-- EXERCISE MATERIALS follows --

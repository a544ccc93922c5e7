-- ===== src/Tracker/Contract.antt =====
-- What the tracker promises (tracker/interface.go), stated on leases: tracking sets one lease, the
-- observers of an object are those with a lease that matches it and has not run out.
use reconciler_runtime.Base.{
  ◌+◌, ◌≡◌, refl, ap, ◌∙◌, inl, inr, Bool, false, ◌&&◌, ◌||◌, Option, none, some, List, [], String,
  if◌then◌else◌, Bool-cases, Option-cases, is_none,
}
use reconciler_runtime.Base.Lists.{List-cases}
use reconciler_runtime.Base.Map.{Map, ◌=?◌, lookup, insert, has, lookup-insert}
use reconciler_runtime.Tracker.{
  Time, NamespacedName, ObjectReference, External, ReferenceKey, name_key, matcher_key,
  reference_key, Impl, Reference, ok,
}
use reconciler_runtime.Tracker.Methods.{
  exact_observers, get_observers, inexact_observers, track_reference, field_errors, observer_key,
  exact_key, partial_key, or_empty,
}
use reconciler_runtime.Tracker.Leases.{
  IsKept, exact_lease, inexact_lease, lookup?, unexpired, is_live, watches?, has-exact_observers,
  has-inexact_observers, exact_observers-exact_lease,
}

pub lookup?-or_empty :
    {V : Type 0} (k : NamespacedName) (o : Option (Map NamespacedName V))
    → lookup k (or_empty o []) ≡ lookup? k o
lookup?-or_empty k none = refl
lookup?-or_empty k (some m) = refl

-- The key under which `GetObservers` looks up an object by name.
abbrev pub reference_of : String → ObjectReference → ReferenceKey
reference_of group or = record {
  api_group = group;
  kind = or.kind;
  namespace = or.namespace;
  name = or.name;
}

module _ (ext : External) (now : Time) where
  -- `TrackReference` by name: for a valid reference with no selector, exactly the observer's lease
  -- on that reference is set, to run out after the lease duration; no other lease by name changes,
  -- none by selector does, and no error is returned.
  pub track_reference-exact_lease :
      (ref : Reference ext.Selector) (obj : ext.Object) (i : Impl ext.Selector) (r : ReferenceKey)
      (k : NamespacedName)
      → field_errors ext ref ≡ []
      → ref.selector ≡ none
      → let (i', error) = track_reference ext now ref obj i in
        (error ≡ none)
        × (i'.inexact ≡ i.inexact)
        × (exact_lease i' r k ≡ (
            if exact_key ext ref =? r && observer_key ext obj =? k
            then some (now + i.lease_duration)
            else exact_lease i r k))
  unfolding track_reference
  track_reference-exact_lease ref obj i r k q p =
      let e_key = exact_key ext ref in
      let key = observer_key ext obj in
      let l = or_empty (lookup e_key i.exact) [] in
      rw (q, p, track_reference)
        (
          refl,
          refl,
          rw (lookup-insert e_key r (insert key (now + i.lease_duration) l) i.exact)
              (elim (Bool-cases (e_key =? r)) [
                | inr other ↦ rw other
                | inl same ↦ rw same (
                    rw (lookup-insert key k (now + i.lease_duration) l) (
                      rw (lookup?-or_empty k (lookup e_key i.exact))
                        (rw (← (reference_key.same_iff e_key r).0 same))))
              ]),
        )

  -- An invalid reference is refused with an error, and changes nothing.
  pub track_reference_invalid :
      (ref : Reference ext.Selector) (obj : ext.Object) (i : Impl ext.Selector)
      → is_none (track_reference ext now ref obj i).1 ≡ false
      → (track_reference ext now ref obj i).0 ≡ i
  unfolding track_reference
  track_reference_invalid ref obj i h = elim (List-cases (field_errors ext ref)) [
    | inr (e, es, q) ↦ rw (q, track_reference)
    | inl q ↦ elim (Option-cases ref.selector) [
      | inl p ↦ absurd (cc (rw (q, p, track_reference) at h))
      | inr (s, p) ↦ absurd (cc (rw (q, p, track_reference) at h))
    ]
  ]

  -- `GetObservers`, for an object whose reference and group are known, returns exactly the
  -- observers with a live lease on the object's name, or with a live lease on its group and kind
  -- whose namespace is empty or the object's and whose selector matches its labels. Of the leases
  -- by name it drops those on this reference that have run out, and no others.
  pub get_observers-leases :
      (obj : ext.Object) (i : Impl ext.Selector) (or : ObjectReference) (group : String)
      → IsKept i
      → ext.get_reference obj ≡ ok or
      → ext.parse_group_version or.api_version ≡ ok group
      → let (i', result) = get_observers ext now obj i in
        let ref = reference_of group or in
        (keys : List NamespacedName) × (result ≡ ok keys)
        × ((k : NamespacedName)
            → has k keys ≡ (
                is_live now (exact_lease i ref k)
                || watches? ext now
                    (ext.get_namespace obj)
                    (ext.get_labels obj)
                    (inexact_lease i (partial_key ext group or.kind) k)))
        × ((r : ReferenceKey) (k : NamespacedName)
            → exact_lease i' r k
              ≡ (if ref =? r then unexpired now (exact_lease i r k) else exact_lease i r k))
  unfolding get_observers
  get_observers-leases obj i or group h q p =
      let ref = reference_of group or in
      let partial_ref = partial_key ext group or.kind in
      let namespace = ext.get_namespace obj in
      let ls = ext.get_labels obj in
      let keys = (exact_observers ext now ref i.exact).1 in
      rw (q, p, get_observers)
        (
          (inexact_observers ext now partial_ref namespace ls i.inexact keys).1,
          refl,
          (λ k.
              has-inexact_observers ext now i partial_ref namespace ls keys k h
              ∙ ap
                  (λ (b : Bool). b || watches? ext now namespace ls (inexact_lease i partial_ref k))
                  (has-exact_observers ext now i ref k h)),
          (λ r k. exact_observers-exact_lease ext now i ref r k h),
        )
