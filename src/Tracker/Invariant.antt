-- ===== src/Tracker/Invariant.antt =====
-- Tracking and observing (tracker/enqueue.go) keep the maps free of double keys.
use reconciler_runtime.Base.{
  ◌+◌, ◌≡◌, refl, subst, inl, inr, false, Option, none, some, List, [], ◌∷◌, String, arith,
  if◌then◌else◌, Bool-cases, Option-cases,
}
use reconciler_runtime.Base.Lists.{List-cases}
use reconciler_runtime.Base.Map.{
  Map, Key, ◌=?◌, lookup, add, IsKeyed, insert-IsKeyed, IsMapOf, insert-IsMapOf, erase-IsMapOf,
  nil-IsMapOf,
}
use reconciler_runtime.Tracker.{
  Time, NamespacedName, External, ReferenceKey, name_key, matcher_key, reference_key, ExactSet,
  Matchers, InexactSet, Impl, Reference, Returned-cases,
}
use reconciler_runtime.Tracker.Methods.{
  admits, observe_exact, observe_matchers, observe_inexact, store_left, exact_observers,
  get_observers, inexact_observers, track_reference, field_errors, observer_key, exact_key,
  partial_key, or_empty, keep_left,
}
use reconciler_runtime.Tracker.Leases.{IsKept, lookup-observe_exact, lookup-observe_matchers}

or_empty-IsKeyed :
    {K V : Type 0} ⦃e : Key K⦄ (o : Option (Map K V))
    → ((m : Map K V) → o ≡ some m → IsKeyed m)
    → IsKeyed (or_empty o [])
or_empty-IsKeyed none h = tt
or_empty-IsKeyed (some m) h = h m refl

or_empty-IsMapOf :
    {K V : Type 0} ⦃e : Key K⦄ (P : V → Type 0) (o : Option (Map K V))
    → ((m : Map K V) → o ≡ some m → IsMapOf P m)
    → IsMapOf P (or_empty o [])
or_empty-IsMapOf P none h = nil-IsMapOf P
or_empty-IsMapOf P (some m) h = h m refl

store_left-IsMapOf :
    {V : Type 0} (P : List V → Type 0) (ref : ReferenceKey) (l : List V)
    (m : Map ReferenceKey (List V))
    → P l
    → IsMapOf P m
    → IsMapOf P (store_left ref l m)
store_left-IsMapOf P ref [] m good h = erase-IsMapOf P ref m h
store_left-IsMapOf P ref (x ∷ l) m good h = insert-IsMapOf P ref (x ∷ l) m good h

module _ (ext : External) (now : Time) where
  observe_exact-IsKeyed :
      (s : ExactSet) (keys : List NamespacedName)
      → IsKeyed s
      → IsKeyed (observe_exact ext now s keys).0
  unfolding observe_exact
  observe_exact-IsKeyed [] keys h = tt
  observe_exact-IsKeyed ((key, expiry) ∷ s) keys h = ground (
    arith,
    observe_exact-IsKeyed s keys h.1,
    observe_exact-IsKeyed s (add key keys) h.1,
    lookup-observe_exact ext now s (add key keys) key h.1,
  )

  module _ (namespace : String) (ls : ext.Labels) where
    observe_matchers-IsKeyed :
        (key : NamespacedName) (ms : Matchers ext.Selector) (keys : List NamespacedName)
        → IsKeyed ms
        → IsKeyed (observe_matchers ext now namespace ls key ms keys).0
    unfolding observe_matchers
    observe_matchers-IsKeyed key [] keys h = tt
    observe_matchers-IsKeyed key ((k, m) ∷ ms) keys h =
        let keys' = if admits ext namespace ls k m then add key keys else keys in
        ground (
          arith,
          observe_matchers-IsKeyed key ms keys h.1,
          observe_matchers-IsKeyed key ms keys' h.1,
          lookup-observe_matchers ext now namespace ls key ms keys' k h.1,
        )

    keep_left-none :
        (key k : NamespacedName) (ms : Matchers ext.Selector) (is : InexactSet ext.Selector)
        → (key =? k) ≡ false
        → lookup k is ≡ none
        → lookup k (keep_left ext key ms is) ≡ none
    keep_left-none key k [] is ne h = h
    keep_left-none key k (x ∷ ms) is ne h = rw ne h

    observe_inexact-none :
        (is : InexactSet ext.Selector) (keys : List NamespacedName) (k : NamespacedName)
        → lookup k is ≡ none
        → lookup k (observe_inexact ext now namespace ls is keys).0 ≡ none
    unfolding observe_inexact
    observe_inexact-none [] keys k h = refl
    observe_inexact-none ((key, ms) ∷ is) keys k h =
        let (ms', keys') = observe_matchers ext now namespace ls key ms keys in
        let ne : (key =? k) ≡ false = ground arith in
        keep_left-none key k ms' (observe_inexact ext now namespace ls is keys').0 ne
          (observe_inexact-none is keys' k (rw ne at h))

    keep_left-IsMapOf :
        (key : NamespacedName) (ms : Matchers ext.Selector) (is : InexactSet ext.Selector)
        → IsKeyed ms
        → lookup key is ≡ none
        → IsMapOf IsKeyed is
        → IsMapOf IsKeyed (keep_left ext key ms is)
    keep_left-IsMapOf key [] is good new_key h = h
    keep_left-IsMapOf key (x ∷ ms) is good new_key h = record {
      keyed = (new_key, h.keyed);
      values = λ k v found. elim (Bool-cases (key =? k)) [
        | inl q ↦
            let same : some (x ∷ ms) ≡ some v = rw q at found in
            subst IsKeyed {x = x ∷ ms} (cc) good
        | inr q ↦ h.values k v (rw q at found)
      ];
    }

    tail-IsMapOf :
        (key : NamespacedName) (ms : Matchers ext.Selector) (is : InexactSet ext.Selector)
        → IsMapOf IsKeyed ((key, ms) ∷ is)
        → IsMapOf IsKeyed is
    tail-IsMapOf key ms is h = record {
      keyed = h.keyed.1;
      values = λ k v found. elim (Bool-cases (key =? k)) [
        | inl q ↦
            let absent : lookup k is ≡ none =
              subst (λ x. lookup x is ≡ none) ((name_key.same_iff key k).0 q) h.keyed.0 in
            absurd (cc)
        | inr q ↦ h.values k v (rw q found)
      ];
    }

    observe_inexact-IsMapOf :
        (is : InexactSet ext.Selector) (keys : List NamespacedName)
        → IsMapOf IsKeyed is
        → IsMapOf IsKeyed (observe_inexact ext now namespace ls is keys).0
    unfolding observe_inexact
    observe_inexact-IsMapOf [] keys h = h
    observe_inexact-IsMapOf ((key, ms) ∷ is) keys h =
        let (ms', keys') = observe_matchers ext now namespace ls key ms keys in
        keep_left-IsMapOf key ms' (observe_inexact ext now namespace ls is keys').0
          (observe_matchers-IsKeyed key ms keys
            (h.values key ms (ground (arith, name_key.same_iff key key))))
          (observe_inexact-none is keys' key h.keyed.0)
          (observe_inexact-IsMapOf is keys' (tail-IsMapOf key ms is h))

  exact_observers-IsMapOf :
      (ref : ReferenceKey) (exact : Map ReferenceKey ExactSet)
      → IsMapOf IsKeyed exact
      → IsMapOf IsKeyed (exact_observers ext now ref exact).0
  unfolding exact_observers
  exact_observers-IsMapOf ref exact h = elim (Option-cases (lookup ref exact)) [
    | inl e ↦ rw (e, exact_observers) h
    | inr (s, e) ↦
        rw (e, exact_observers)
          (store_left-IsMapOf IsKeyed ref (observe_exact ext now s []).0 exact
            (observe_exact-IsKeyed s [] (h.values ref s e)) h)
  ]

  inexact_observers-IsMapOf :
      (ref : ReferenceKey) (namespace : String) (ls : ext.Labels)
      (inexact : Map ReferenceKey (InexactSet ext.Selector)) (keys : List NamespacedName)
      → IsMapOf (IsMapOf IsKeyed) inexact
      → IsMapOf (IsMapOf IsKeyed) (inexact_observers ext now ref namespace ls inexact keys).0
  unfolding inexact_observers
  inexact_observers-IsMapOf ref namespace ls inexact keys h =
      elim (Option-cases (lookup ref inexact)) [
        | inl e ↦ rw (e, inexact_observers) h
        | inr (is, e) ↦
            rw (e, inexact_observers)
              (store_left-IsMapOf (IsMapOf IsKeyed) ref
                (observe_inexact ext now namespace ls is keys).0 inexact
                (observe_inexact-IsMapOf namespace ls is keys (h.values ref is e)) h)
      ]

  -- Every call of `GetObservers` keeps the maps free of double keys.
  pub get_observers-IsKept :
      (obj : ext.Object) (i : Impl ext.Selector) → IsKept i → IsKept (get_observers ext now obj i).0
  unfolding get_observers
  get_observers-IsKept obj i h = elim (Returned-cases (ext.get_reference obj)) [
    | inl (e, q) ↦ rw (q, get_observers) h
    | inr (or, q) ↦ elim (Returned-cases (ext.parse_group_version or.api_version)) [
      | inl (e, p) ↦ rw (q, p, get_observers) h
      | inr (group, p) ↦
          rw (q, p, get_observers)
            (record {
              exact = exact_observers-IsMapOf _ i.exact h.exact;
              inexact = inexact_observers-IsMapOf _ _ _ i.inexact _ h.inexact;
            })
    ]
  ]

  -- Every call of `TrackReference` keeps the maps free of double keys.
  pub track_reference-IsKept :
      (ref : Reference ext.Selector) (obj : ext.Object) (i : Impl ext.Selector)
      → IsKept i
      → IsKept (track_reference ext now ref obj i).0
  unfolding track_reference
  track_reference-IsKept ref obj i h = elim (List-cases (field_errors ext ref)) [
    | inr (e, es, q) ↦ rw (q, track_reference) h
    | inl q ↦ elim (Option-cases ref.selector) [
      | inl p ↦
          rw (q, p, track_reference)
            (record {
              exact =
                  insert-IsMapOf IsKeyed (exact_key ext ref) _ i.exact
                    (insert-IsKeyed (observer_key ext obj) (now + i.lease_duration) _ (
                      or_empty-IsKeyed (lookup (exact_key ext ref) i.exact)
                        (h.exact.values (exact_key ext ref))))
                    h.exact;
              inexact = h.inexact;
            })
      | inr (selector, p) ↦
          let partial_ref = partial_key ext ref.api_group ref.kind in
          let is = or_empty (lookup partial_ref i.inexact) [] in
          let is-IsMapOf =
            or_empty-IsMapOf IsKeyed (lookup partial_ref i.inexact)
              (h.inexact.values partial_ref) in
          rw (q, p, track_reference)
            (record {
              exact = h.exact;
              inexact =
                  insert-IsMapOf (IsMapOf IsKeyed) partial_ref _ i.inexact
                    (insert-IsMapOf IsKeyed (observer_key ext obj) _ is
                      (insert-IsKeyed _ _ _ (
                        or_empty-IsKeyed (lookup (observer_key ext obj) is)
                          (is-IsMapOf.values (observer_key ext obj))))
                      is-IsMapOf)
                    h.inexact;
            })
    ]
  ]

-- EXERCISE MATERIALS concluded --

Go through the material above, find each line with the string "kind", and copy it.

TASK SOLUTION:
  kind = or.kind;
  -- observers with a live lease on the object's name, or with a live lease on its group and kind
                    (inexact_lease i (partial_key ext group or.kind) k)))
      let partial_ref = partial_key ext group or.kind in
          let partial_ref = partial_key ext ref.api_group ref.kind in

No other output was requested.